Stimulation of intracellular signaling pathways that activate phosphoinositide 3-kinase is known to promote the phosphorylation and subsequent activation of the serine/threonine kinase, Akt (protein kinase B), which contributes to the regulation of multiple cellular processes that function in cell survival (Kennedy et al., 1999; Rokudai et al., 2000). Bilirubin is known to inhibit protein phosphorylation catalyzed by a number of protein kinases, including protein kinase C (Sano et al., 1985; Amit and Boneh, 1993; Churn et al., 1995; Hansen et al., 1996, 1997; Hansen and Allen, 1997). Akt has a catalytic domain closely related to cAMP-dependent protein kinase and protein kinase C (Konishi et al., 1999), and our initial tests indicated inhibition of Akt phosphorylation by bilirubin. After treatment, phospho-Akt content was suppressed in a concentration-dependent manner by bilirubin at 6 h with no significant change in total Akt content in WT or C12 cells (data not shown). It is presently unclear whether bilirubin, a lipid soluble product, reached high enough concentrations within the cells to directly inhibit Akt activation. This will be at least partially dependent on whether bilirubin accumulation from extracellular sources is required and on the activity of clearance enzymes, such as of UDP-glucuronosyltransferases. However, initial observations suggest that the bilirubin-mediated apoptotic response might involve suppression of protein phosphorylation affecting key survival signals such as Akt activation.
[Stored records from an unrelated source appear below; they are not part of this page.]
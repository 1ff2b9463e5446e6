-- ===== src/Monitor/Tables.antt =====
-- `_generate_tables` of tools/monitor.py: the rows of the table of each region, as texts with their
-- markup.
use sunstorm_xactserver.Base.{
  ℕ, ◌%◌, ◌<>◌, String, ◌||◌, Option, none, some, List, [], ◌∷◌, ◌++◌, ◌==◌, string_eq, length,
  get_elem?, if◌then◌else◌,
}
use sunstorm_xactserver.Base.Dict.{Dict, lookup, insert}
use sunstorm_xactserver.Base.Text.{comes_after}
use sunstorm_xactserver.Monitor.Data.{PodCell, Capacity, Node, Nodes}

abbrev colors : List String
colors =
    "#e6194b" ∷ "#3cb44b" ∷ "#ffe119" ∷ "#4363d8" ∷ "#f58231" ∷ "#911eb4" ∷ "#46f0f0" ∷ "#f032e6"
    ∷ "#bcf60c" ∷ "#fabebe" ∷ "#008080" ∷ "#e6beff" ∷ "#9a6324" ∷ "#fffac8" ∷ "#800000" ∷ "#aaffc3"
    ∷ "#808000" ∷ "#ffd8b1" ∷ "#000075" ∷ "#808080" ∷ "#ffffff" ∷ "#000000" ∷ []

abbrev or_blank : Option String → String
or_blank none = ""
or_blank (some text) = text

-- The item of `itertools.cycle(COLORS)` with a number.
abbrev pub nth_color : ℕ → String
nth_color i = or_blank (get_elem? colors (i % 22))

-- `color_status`; a status that is not there is shown as `None`.
color_status : Option String → String
color_status none = "[b red]None[/b red]"
color_status (some status) =
    if (status == "Running") || (status == "Succeeded")
    then "[b green]" <> (status <> "[/b green]")
    else if status == "Pending"
    then "[b yellow]Pending[/b yellow]"
    else if status == "Terminating"
    then "[b]Terminating[/b]"
    else "[b red]" <> (status <> "[/b red]")

abbrev Row : Type 0
Row = List String

-- `f"[{color}]{text}[/{color}]"`
abbrev colored : String → String → String
colored color text = ("[" <> (color <> "]")) <> (text <> ("[/" <> (color <> "]")))

-- The number of the color of a node, which is new if the node is: one is taken for each new node.
abbrev pub color_number : Dict String ℕ → String → ℕ
color_number node_to_color name = elim (lookup name node_to_color) [
  | none ↦ length node_to_color
  | some i ↦ i
]

pub capacity_cell : Capacity → String
capacity_cell none = ""
capacity_cell (some (cpu, memory)) = "cpu: " <> (cpu <> (", mem: " <> memory))

abbrev pub node_cell : String → Node → String
node_cell name node =
    if name == "" then name else if node.status then name else "[s]" <> (name <> "[/s] (not ready)")

-- The rows of the pods of a node; the cells of the namespace and the node are blank after the first.
unfoldable pub pod_rows : String → String → String → String → List PodCell → List Row
unfolding color_status
pod_rows color namespace_text node_text capacity_text [] = []
pod_rows color namespace_text node_text capacity_text (pod ∷ pods) =
    (namespace_text
      ∷ colored color node_text
      ∷ colored color capacity_text
      ∷ colored color pod.name
      ∷ color_status pod.status
      ∷ [])
    ∷ pod_rows color "" "" "" pods

-- The cell of the namespace after the pods of a node.
abbrev pub namespace_after : String → List PodCell → String
namespace_after text [] = text
namespace_after text (_ ∷ _) = ""

-- The rows of a namespace, and the colors of the nodes.
unfoldable pub node_rows : String → Nodes → Dict String ℕ → List Row × Dict String ℕ
unfolding pod_rows capacity_cell
node_rows namespace_text [] taken = ([], taken)
node_rows namespace_text ((name, node) ∷ rest) taken =
    let number = color_number taken name in
    let rows =
      pod_rows (nth_color number) namespace_text (node_cell name node) (capacity_cell node.capacity)
        node.pods in
    let (later, taken1) =
      node_rows (namespace_after namespace_text node.pods) rest (insert name number taken) in
    (rows ++ later, taken1)

-- `sorted(d.items(), key=lambda x: x[0])`
insert_item : {V : Type 0} → String × V → Dict String V → Dict String V
unfolding comes_after
insert_item item [] = item ∷ []
insert_item item (other ∷ rest) =
    let later = insert_item item rest in
    if comes_after item.0 other.0 then other ∷ later else item ∷ other ∷ rest

sort_items : {V : Type 0} → Dict String V → Dict String V
unfolding insert_item
sort_items [] = []
sort_items (item ∷ items) = insert_item item (sort_items items)

-- The rows of a table, over the namespaces in order.
namespace_rows : Dict String Nodes → Dict String ℕ → List Row × Dict String ℕ
unfolding node_rows
namespace_rows [] taken = ([], taken)
namespace_rows ((namespace, nodes) ∷ rest) taken =
    let (rows, taken1) = node_rows namespace nodes taken in
    let (later, taken2) = namespace_rows rest taken1 in (rows ++ later, taken2)

-- The tables, over the regions in order.
tables_from : Dict String (Dict String Nodes) → Dict String ℕ → List (String × List Row)
unfolding namespace_rows sort_items
tables_from [] taken = []
tables_from ((region, namespaces) ∷ rest) taken =
    let (rows, taken1) = namespace_rows (sort_items namespaces) taken in
    (region, rows) ∷ tables_from rest taken1

unfoldable generate_tables : Dict String (Dict String Nodes) → List (String × List Row)
unfolding tables_from sort_items
generate_tables data_ = tables_from (sort_items data_) []
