-- ===== src/Monitor/Rows.antt =====
-- The pods of a namespace and the rows of its table (tools/monitor.py).
use sunstorm_xactserver.Base.{
  ℕ, suc, ◌+◌, ◌≡◌, refl, sym, ◌∙◌, ap, String, Option, none, some, List, [], ◌∷◌, arith, ◌==◌,
  string_eq, length, length-append, Bool-cases, Option-cases, inl, inr,
}
use sunstorm_xactserver.Base.Dict.{Dict, lookup, insert}
use sunstorm_xactserver.Base.Result.{ok, ok-injective, Result-cases}
use sunstorm_xactserver.Config.{MainConfig, NamespaceInfo, get_context}
use sunstorm_xactserver.Monitor.Data.{
  PodInfo, PodCell, Node, Nodes, NodeInfo, Api, or_new, with_info, Capacity, if_none, populate,
  shown_node, populate_node, cell_of, add_pod, place_pod, place_all, get_namespaced_data,
}
use sunstorm_xactserver.Monitor.Tables.{
  pod_rows, node_rows, nth_color, color_number, node_cell, capacity_cell, namespace_after,
}

-- How many pods the nodes have.
abbrev pod_count : Nodes → ℕ
pod_count [] = 0
pod_count ((_, node) ∷ rest) = length node.pods + pod_count rest

pod_count-insert :
    (name : String) (node : Node) (nodes : Nodes)
    → pod_count (insert name node nodes) + length (or_new (lookup name nodes)).pods
      ≡ pod_count nodes + length node.pods
pod_count-insert name node [] = omega arith
pod_count-insert name node ((other, n) ∷ nodes) = elim (Bool-cases (name == other)) [
  | inl e ↦ rw e (omega arith)
  | inr e ↦ rw e (omega (arith, pod_count-insert name node nodes))
]

if_none-pods :
    (capacity : Capacity) (fresh old : Node)
    → fresh.pods ≡ old.pods
    → (if_none capacity fresh old).pods ≡ old.pods
if_none-pods none fresh old same = same
if_none-pods (some _) fresh old same = refl

populate-pods : (answer : Option NodeInfo) (node : Node) → (populate answer node).pods ≡ node.pods
populate-pods none node = if_none-pods node.capacity node node refl
populate-pods (some info) node = if_none-pods node.capacity (with_info (some info) node) node refl

module _ (api : Api) where
  pod_count-populate_node :
      (k : ℕ) (name : Option String) (nodes : Nodes)
      → pod_count (populate_node api k name nodes) ≡ pod_count nodes
  unfolding populate_node
  pod_count-populate_node k none nodes = refl
  pod_count-populate_node k (some name) nodes = elim (Bool-cases (name == "")) [
    | inl e ↦ rw (e, populate_node) refl
    | inr e ↦
        rw (e, populate_node)
          (omega (
            arith,
            pod_count-insert name (populate (api.read_node k name) (or_new (lookup name nodes)))
                nodes,
            ap length (populate-pods (api.read_node k name) (or_new (lookup name nodes))),
          ))
  ]

  pod_count-place_pod :
      (k : ℕ) (p : PodInfo) (nodes : Nodes)
      → pod_count (place_pod api k p nodes) ≡ suc (pod_count nodes)
  unfolding place_pod
  pod_count-place_pod k p nodes =
      let nodes1 = populate_node api k p.node_name nodes in
      let name = shown_node p.node_name in
      let old = or_new (lookup name nodes1) in
      omega (
        arith,
        pod_count-insert name (add_pod api (cell_of api p) old) nodes1,
        length-append old.pods (cell_of api p ∷ []),
        pod_count-populate_node k p.node_name nodes,
      )

  pod_count-place_all :
      (k : ℕ) (pods : List PodInfo) (nodes : Nodes)
      → pod_count (place_all api k pods nodes) ≡ length pods + pod_count nodes
  unfolding place_all
  pod_count-place_all k [] nodes = omega arith
  pod_count-place_all k (p ∷ pods) nodes = omega (
    arith,
    pod_count-place_all (suc k) pods (place_pod api k p nodes),
    pod_count-place_pod k p nodes,
  )

length-pod_rows :
    (color a b c : String) (pods : List PodCell) → length (pod_rows color a b c pods) ≡ length pods
unfolding pod_rows
length-pod_rows color a b c [] = refl
length-pod_rows color a b c (pod ∷ pods) = ap suc (length-pod_rows color "" "" "" pods)

length-node_rows :
    (text : String) (nodes : Nodes) (taken : Dict String ℕ)
    → length (node_rows text nodes taken).0 ≡ pod_count nodes
unfolding node_rows
length-node_rows text [] taken = refl
length-node_rows text ((name, node) ∷ rest) taken =
    let number = color_number taken name in
    let rows =
      pod_rows (nth_color number) text (node_cell name node) (capacity_cell node.capacity)
        node.pods in
    let later = node_rows (namespace_after text node.pods) rest (insert name number taken) in
    omega (
      arith,
      length-append rows later.0,
      length-pod_rows (nth_color number) text (node_cell name node) (capacity_cell node.capacity)
          node.pods,
      length-node_rows (namespace_after text node.pods) rest (insert name number taken),
    )

-- Where the data of a namespace can be read, its part of the table has one row for each pod that
-- Kubernetes lists in it, whatever the nodes of the pods and whatever is known of these nodes.
get_namespaced_data-rows :
    (api : Api) (config : MainConfig) (ns : String) (info : NamespaceInfo) (nodes : Nodes)
    (taken : Dict String ℕ)
    → get_namespaced_data api config ns info ≡ ok nodes
    → (pods : List PodInfo) × (api.list_pods ns ≡ some pods)
      × (length (node_rows ns nodes taken).0 ≡ length pods)
unfolding get_namespaced_data
get_namespaced_data-rows api config ns info nodes taken h =
    elim (Result-cases (get_context config info.region)) [
      | inl (e, failed) ↦ absurd (cc (rw (failed, get_namespaced_data) at h))
      | inr (context, found) ↦ elim (Option-cases (api.list_pods ns)) [
        | inl down ↦ absurd (cc (rw (found, down, get_namespaced_data) at h))
        | inr (pods, listed) ↦
            let same : place_all api 0 pods [] ≡ nodes =
              ok-injective (rw (found, listed, get_namespaced_data) at h) in
            (
              pods,
              listed,
              length-node_rows ns nodes taken
                  ∙ ap pod_count (sym same)
                  ∙ pod_count-place_all api 0 pods []
                  ∙ omega arith,
            )
      ]
    ]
In the present study, we report three significant observations. First, bilirubin induces an apoptotic response in murine hepatoma 1c1c7 cells; second, bilirubin generates intracellular ROS at moderate to high doses in these cells; and third, AHR has a role in the bilirubin-mediated response in WT cells. Our proposed mechanism of bilirubin-induced apoptosis in Hepa 1c1c7 cells is partially mediated by the AHR. However a more general pro-oxidant effect occurs at higher concentrations of bilirubin resulting in effects such as generation of ROS, disruption of lipid membranes and inhibition protein phosphorylation reactions, such as Akt, that cause apoptosis in C4 and C12 cells.